STUDY MATERIAL:
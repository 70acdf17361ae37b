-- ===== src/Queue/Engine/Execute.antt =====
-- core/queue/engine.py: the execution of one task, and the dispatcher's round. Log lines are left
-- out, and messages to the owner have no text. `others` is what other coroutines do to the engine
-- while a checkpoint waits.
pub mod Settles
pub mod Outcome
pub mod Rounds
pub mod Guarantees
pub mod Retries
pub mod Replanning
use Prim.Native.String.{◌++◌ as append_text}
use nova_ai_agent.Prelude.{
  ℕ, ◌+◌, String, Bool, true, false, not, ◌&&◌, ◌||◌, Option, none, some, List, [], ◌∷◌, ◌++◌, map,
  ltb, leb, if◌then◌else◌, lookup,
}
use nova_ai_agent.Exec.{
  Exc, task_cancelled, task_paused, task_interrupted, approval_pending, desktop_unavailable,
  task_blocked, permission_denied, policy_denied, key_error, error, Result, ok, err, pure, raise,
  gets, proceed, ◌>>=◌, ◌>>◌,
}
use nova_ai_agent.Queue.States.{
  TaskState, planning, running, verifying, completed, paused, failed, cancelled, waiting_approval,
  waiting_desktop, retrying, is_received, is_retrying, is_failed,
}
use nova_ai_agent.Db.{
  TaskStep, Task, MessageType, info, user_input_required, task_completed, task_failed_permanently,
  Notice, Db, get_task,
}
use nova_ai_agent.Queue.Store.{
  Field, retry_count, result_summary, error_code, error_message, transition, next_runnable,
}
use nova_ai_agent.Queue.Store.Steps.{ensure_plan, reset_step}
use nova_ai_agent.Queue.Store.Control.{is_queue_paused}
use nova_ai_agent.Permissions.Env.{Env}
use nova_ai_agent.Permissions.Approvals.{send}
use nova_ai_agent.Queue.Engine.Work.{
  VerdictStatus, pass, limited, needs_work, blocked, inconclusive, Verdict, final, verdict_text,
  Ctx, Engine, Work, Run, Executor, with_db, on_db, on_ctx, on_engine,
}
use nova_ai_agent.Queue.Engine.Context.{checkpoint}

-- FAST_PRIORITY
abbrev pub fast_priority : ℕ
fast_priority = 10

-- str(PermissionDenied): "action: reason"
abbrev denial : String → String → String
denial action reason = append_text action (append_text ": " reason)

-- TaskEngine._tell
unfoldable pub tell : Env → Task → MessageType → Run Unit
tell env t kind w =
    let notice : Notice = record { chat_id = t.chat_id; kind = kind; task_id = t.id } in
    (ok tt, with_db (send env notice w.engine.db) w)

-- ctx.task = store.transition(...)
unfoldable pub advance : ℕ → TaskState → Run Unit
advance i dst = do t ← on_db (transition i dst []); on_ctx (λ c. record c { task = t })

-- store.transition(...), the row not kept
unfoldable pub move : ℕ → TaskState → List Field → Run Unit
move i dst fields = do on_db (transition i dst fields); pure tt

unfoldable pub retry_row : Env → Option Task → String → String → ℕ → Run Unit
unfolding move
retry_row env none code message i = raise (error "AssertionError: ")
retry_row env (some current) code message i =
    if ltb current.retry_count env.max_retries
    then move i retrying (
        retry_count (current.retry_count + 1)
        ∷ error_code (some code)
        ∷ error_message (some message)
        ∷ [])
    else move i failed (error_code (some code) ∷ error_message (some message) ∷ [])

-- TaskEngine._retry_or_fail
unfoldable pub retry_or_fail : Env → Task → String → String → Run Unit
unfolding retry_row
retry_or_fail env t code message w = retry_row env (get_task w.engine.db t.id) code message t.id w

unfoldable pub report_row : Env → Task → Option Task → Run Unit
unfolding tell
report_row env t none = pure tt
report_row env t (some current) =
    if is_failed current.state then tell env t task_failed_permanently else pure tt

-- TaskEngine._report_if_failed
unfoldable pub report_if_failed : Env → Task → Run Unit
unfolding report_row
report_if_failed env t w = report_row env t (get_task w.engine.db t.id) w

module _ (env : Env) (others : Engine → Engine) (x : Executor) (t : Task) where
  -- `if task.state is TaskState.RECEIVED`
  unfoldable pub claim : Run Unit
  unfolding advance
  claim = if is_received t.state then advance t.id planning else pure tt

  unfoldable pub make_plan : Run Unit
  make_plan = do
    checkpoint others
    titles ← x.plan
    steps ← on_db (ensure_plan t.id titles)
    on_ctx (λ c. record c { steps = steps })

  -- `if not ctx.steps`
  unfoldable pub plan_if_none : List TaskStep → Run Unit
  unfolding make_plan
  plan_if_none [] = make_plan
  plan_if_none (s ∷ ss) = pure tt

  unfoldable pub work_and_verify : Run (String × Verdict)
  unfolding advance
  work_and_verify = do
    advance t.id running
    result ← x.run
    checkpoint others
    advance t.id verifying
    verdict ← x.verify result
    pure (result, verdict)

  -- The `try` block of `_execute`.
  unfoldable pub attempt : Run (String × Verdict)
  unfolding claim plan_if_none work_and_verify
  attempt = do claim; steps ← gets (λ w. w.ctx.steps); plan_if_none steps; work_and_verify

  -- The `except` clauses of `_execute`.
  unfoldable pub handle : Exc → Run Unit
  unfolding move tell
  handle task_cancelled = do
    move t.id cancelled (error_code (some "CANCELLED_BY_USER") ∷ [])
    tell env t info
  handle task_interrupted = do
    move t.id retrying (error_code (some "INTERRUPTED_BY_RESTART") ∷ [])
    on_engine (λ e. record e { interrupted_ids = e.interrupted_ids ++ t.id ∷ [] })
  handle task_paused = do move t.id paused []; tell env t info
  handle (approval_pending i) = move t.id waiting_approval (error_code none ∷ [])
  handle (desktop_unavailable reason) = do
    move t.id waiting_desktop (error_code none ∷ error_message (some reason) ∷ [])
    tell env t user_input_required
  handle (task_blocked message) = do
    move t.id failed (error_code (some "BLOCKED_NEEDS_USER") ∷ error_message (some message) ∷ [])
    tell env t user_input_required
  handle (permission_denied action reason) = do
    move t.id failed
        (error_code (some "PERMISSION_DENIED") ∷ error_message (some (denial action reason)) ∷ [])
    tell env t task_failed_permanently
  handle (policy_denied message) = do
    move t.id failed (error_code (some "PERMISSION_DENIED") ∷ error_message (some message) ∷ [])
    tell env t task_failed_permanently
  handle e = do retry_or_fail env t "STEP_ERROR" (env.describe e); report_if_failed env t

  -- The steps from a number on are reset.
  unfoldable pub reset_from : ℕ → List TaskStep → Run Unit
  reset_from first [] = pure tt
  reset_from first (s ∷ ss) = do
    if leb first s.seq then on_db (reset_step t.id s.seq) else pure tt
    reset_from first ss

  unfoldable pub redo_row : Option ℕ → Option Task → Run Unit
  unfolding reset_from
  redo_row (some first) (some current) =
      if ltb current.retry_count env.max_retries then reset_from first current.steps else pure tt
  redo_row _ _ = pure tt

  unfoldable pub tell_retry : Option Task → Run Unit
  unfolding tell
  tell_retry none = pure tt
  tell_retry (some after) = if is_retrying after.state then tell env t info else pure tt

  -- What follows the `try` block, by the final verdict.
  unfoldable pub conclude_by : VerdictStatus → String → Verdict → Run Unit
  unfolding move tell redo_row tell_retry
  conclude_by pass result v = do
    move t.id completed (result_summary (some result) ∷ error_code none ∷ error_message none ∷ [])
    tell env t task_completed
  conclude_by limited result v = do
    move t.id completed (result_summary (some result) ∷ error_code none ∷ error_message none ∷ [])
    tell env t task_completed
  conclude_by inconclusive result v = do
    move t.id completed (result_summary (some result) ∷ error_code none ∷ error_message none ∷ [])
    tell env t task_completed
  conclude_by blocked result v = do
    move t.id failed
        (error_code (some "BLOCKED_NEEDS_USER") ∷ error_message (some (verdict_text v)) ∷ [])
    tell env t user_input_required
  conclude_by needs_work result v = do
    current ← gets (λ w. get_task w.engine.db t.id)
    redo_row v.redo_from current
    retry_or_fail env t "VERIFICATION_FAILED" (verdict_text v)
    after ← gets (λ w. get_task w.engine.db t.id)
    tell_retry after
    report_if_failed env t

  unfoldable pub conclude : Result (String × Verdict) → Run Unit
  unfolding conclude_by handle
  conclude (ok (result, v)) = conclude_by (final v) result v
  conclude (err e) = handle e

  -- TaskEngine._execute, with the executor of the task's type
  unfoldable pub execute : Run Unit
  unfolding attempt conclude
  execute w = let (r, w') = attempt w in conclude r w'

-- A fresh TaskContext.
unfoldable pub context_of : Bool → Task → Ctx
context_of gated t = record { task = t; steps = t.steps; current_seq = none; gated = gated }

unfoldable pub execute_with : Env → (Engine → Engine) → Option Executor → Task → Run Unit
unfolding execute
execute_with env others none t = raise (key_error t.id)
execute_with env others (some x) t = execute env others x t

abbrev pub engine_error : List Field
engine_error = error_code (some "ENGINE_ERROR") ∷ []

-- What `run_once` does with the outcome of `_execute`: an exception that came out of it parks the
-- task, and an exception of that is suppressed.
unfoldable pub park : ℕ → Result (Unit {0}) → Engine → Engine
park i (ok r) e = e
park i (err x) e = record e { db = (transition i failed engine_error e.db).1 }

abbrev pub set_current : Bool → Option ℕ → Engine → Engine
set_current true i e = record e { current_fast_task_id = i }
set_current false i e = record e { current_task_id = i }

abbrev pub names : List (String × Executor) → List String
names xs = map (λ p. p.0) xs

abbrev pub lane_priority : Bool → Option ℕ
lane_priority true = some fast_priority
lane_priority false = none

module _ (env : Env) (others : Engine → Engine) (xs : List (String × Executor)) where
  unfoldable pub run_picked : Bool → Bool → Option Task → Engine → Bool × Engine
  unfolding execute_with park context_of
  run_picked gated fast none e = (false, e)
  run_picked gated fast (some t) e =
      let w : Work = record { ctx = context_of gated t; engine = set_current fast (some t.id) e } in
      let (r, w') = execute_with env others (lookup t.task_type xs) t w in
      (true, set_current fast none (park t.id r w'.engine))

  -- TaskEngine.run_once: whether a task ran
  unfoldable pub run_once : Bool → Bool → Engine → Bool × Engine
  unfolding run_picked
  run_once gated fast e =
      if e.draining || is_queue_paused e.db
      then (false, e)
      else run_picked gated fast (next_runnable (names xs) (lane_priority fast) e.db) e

WORK ITEM: Retype, in the same exact form, the lines of the material above from the line holding "conclude_by limited result v = do" through the line holding "set_current true i".

OUTPUT OF THE EXERCISE:
  conclude_by limited result v = do
    move t.id completed (result_summary (some result) ∷ error_code none ∷ error_message none ∷ [])
    tell env t task_completed
  conclude_by inconclusive result v = do
    move t.id completed (result_summary (some result) ∷ error_code none ∷ error_message none ∷ [])
    tell env t task_completed
  conclude_by blocked result v = do
    move t.id failed
        (error_code (some "BLOCKED_NEEDS_USER") ∷ error_message (some (verdict_text v)) ∷ [])
    tell env t user_input_required
  conclude_by needs_work result v = do
    current ← gets (λ w. get_task w.engine.db t.id)
    redo_row v.redo_from current
    retry_or_fail env t "VERIFICATION_FAILED" (verdict_text v)
    after ← gets (λ w. get_task w.engine.db t.id)
    tell_retry after
    report_if_failed env t

  unfoldable pub conclude : Result (String × Verdict) → Run Unit
  unfolding conclude_by handle
  conclude (ok (result, v)) = conclude_by (final v) result v
  conclude (err e) = handle e

  -- TaskEngine._execute, with the executor of the task's type
  unfoldable pub execute : Run Unit
  unfolding attempt conclude
  execute w = let (r, w') = attempt w in conclude r w'

-- A fresh TaskContext.
unfoldable pub context_of : Bool → Task → Ctx
context_of gated t = record { task = t; steps = t.steps; current_seq = none; gated = gated }

unfoldable pub execute_with : Env → (Engine → Engine) → Option Executor → Task → Run Unit
unfolding execute
execute_with env others none t = raise (key_error t.id)
execute_with env others (some x) t = execute env others x t

abbrev pub engine_error : List Field
engine_error = error_code (some "ENGINE_ERROR") ∷ []

-- What `run_once` does with the outcome of `_execute`: an exception that came out of it parks the
-- task, and an exception of that is suppressed.
unfoldable pub park : ℕ → Result (Unit {0}) → Engine → Engine
park i (ok r) e = e
park i (err x) e = record e { db = (transition i failed engine_error e.db).1 }

abbrev pub set_current : Bool → Option ℕ → Engine → Engine
set_current true i e = record e { current_fast_task_id = i }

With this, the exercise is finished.